Intuitive and simple user interface drives the growing demand for voice control, either complementing or replacing keyboards, touchscreens and other traditional controls.
The multiplicity of solutions available for Voice Activity Detection (VAD), combined with the absence of vendor-independent benchmarks, makes it hard for any purchaser to select the best solution. Today, neither unified performances nor benchmark exist to define the quality of a Voice Activity Detector, leaving OEM and Fabless developers without the capability to appreciate performances.
Dolphin Integration fills this benchmarking gap by making publicly available MIWOK™, a vendor-independent benchmark based on objective criteria to assess the performance of any VAD solutions.
For those who are not satisfied by the subjectivity of a mere demonstration, MIWOK™ provides companies embedding, using or developing a VAD, with a benchmark to statistically assess and specify the key voice activity detection performances.
What is MIWOK™?
MIWOK™ is a public and open-source benchmark, under the “Creative Commons ShareAlike” license. It contains a set of words, representative of language characteristics, and a set of background noises, representative of multiple near-field and far-field environments, combined by a script.

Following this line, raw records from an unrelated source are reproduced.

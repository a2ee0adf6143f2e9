-- ===== src/Prelude/Assoc.antt =====
-- A Go map with text keys, as an association list.
use Prim.Native.String.{String}
use mathlib.Core.Path.{◌≡◌, refl}
use mathlib.Core.Option.{Option, none, some}
use mathlib.Core.List.{List, [], ◌∷◌}
use native.Mathlib.Omega.{arith}
use text.Mathlib.Text.{◌==◌}
use text.Mathlib.TextEquality.{eq_iff}
use ottoflow.Prelude.Tests.{if◌then◌else◌}

module _ {ℓ} {V : Type ℓ} where
  -- `v, ok := entries[name]`
  abbrev pub lookup : String → List (String × V) → Option V
  lookup name [] = none
  lookup name (entry ∷ entries) = if entry.0 == name then some entry.1 else lookup name entries

  abbrev pub keys : List (String × V) → List String
  keys [] = []
  keys (entry ∷ entries) = entry.0 ∷ keys entries

  -- `delete(entries, name)`
  abbrev pub erase : String → List (String × V) → List (String × V)
  erase name [] = []
  erase name (entry ∷ entries) =
      if entry.0 == name then erase name entries else entry ∷ erase name entries

  -- `entries[name] = value`
  abbrev pub insert : String → V → List (String × V) → List (String × V)
  insert name value [] = (name, value) ∷ []
  insert name value (entry ∷ entries) =
      if entry.0 == name then (name, value) ∷ entries else entry ∷ insert name value entries

  pub lookup-erase :
      (name other : String) (entries : List (String × V))
      → lookup other (erase name entries) ≡ (if name == other then none else lookup other entries)
  lookup-erase name other [] = ground arith
  lookup-erase name other (entry ∷ entries) = ground (
    arith,
    lookup-erase name other entries,
    eq_iff name other,
    eq_iff entry.0 name,
    eq_iff entry.0 other,
  )

  pub lookup-insert :
      (name other : String) (value : V) (entries : List (String × V))
      → lookup other (insert name value entries)
        ≡ (if name == other then some value else lookup other entries)
  lookup-insert name other value [] = refl
  lookup-insert name other value (entry ∷ entries) = ground (
    arith,
    lookup-insert name other value entries,
    eq_iff name other,
    eq_iff entry.0 name,
    eq_iff entry.0 other,
  )
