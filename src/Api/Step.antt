-- ===== src/Api/Step.antt =====
-- Workflow templates (api/v1alpha1/workflow_types.go and its siblings). A pointer is an `Option`,
-- a map with text keys is an association list in the order in which it is iterated, and the
-- fields that no modelled code reads are left out. The types of pure parameters that the code
-- only tests for nil keep no field.
use ottoflow.Prelude.{ℕ, String, Bool, Option, none, some, List, []}

pub record Expression : Type 0 where
  pub name : String
  pub expression : String

pub record MetricLabel : Type 0 where
  pub name : String
  pub value : String

pub record Output : Type 0 where
  pub name : String
  pub expression : String
  pub value : Option String  -- the raw JSON text
  pub metric : Option (List MetricLabel)  -- the labels of the metric
  pub sensitive : Bool

pub record WorkflowRefStep : Type 0 where
  pub name : String
  pub namespace : String
  pub inputs : List (String × String)

pub record AgentRef : Type 0 where
  pub name : String
  pub namespace : String
  pub additional_prompts : List String
  pub context_budget_mode : String
  pub context_budget_last_n : Option ℕ  -- int32; a negative one is read as 0, which the code treats alike

pub record ExternalAgentRef : Type 0 where
  pub url : String
  pub protocol : String
  pub prompt : String
  pub auth_secret_ref : Bool  -- Auth != nil && Auth.SecretRef != nil
  pub ca_secret_ref : Bool  -- CASecretRef != nil
  pub allow_insecure_http : Bool

pub record McpToolCall : Type 0 where
  pub arguments : List (String × String)

pub record ResourceQuery : Type 0 where
  pub namespace : String
  pub name : String
  pub field_selector : String
  pub label_selector : List (String × String)
  pub outputs : List (String × String)

pub record PrometheusQuery : Type 0 where
  pub variables : List (String × String)
  pub outputs : List (String × String)

pub record Mutate : Type 0 where
  pub target_namespace : String
  pub target_name : String
  pub apply_configuration : Option String  -- its expression
  pub json_patch : Option String  -- its expression
  pub outputs : List (String × String)

pub record OpenReport : Type 0 where
  pub report_name : String
  pub results_expression : String
  pub scope_expression : String
  pub summary_expression : String

pub record TemplateRef : Type 0 where
  pub arguments : List (String × String)

pub record StepTemplateRef : Type 0 where
  pub arguments : List (String × String)

pub record ForEachStep : Type 0 where
  pub expressions : List Expression
  pub outputs : List Output
  pub match_conditions : List Expression
  pub resource_query : Option ResourceQuery
  pub prometheus_query : Option PrometheusQuery
  pub mutate : Option Mutate
  pub agent_ref : Option AgentRef
  pub mcp_tool_call : Option McpToolCall
  pub workflow_ref : Option WorkflowRefStep
  pub external_agent_ref : Option ExternalAgentRef
  pub open_report : Option OpenReport

pub record ForEach : Type 0 where
  pub items : String
  pub step : Option ForEachStep
  pub step_template_ref : Option TemplateRef
  pub max_concurrency : ℕ  -- a negative one is read as 0, which the code treats alike
  pub item_failure_policy : String

pub record WaitForCallback : Type 0 where
  pub timeout : String
  pub output_schema : Option String  -- the raw JSON text
  pub message : String
  pub failure_policy : String

pub record Step : Type 0 where
  pub name : String
  pub depends_on : List String
  pub failure_policy : String
  pub expressions : List Expression
  pub outputs : List Output
  pub match_conditions : List Expression
  pub workflow_ref : Option WorkflowRefStep
  pub agent_ref : Option AgentRef
  pub mcp_tool_call : Option McpToolCall
  pub resource_query : Option ResourceQuery
  pub prometheus_query : Option PrometheusQuery
  pub mutate : Option Mutate
  pub step_template_ref : Option StepTemplateRef
  pub for_each : Option ForEach
  pub external_agent_ref : Option ExternalAgentRef
  pub open_report : Option OpenReport
  pub wait_for_callback : Option WaitForCallback

pub record Workflow : Type 0 where
  pub name : String
  pub namespace : String
  pub variables : List Expression
  pub steps : List Step
  pub outputs : List Output
  pub max_concurrent_steps : Option ℕ  -- spec.executionLimits.maxConcurrentSteps
  pub max_concurrent_runs : Option ℕ  -- spec.run.maxConcurrentRuns

abbrev pub fail : String
fail = "Fail"

abbrev pub continue : String
continue = "Continue"

-- A step that sets nothing but its name, dependencies and failure policy.
abbrev pub plain_step : String → List String → String → Step
plain_step name depends_on failure_policy = record {
  name = name;
  depends_on = depends_on;
  failure_policy = failure_policy;
  expressions = [];
  outputs = [];
  match_conditions = [];
  workflow_ref = none;
  agent_ref = none;
  mcp_tool_call = none;
  resource_query = none;
  prometheus_query = none;
  mutate = none;
  step_template_ref = none;
  for_each = none;
  external_agent_ref = none;
  open_report = none;
  wait_for_callback = none;
}

-- RunPolicy.EffectiveMaxConcurrentRuns
pub default_max_concurrent_runs : ℕ
default_max_concurrent_runs = 10

unfoldable pub effective_max_concurrent_runs : Option ℕ → ℕ
unfolding default_max_concurrent_runs
effective_max_concurrent_runs none = default_max_concurrent_runs
effective_max_concurrent_runs (some n) = n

What can be measured with MIWOK™?
With MIWOK™ benchmark, the following performances may be measured:
- Detection Latency (DL): it must be short
- Noise detected as Voice (NDV): it must be low
- Voice detected as Voice (VDV): it must be high
On which type of VAD implementation can MIWOK™ be applied?
MIWOK™ is applicable to any VAD implementation:
- Hardware implementation with high-level language models described in Matlab, Verilog, Verilog-A,…

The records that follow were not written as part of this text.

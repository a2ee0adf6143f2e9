-- ===== src/Api/Json.antt =====
-- JSON documents as Go's encoding/json unmarshals them into `interface{}`. Lists and objects stand
-- in the block with the values. A number keeps its literal, since the code reads its kind only.
use ottoflow.Prelude.{String, ◌==◌, Option, none, some, Bool, if◌then◌else◌, List, [], ◌∷◌}

mutual
  pub data Json : Type 0 where
    null : Json
    bool : Bool → Json
    num : String → Json
    str : String → Json
    arr : Items → Json
    obj : Fields → Json

  pub data Items : Type 0 where
    nil : Items
    cons : Json → Items → Items

  pub data Fields : Type 0 where
    end : Fields
    field : String → Json → Fields → Fields

-- `v, ok := m[k]`
abbrev pub get : String → Fields → Option Json
get k end = none
get k (field j v fs) = if j == k then some v else get k fs

-- `m[k] = v`
abbrev pub put : String → Json → Fields → Fields
put k v end = field k v end
put k v (field j w fs) = if j == k then field k v fs else field j w (put k v fs)

-- `v.(map[string]interface{})`
abbrev pub as_obj : Json → Option Fields
as_obj (obj fs) = some fs
as_obj _ = none

-- `v.([]interface{})`
abbrev pub as_arr : Json → Option Items
as_arr (arr xs) = some xs
as_arr _ = none

-- `v.(string)`
abbrev pub as_str : Json → Option String
as_str (str s) = some s
as_str _ = none

abbrev pub field_names : Fields → List String
field_names end = []
field_names (field k v fs) = k ∷ field_names fs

- Software code (C/C++…) for DSP or Application Processor
- Final product with an analog, I2S or PDM interface and featuring an access to the wake-up interrupt signal
How does MIWOK guarantee the representation of the language in its entirety?
MIWOK™ benchmark encompasses a set of words representing the common first phonemes used in a given language. These words have been recorded from both men and women to ensure a realistic spectrum distribution on the audio bandwidth.
MIWOK™ is available in diverse languages (e.g. in Chinese and soon in English) and is proposed with a set of both Near-Field and Far-Field background noises that can be combined by any developer using a provided script.
This allows Dolphin Integration to launch its voice activity detector – WhisperTrigger™ – to design voice systems which are both less power consuming and better in VAD performances. The WhisperTrigger™ is proposed as a stand-alone and hard block, for integration on silicon either in a digital microphone, in an analog microphone or with an application processor, to wake-up the system without voice data loss.
Diverse WhisperTriggers™ are proposed in numerous processes from 180 nm down to 16 nm. Thanks to their short detection latency, they are ideally suited for triggering “key word spotting” or “voice recognition algorithms”, enabling a fast awakening of the voice subsystem.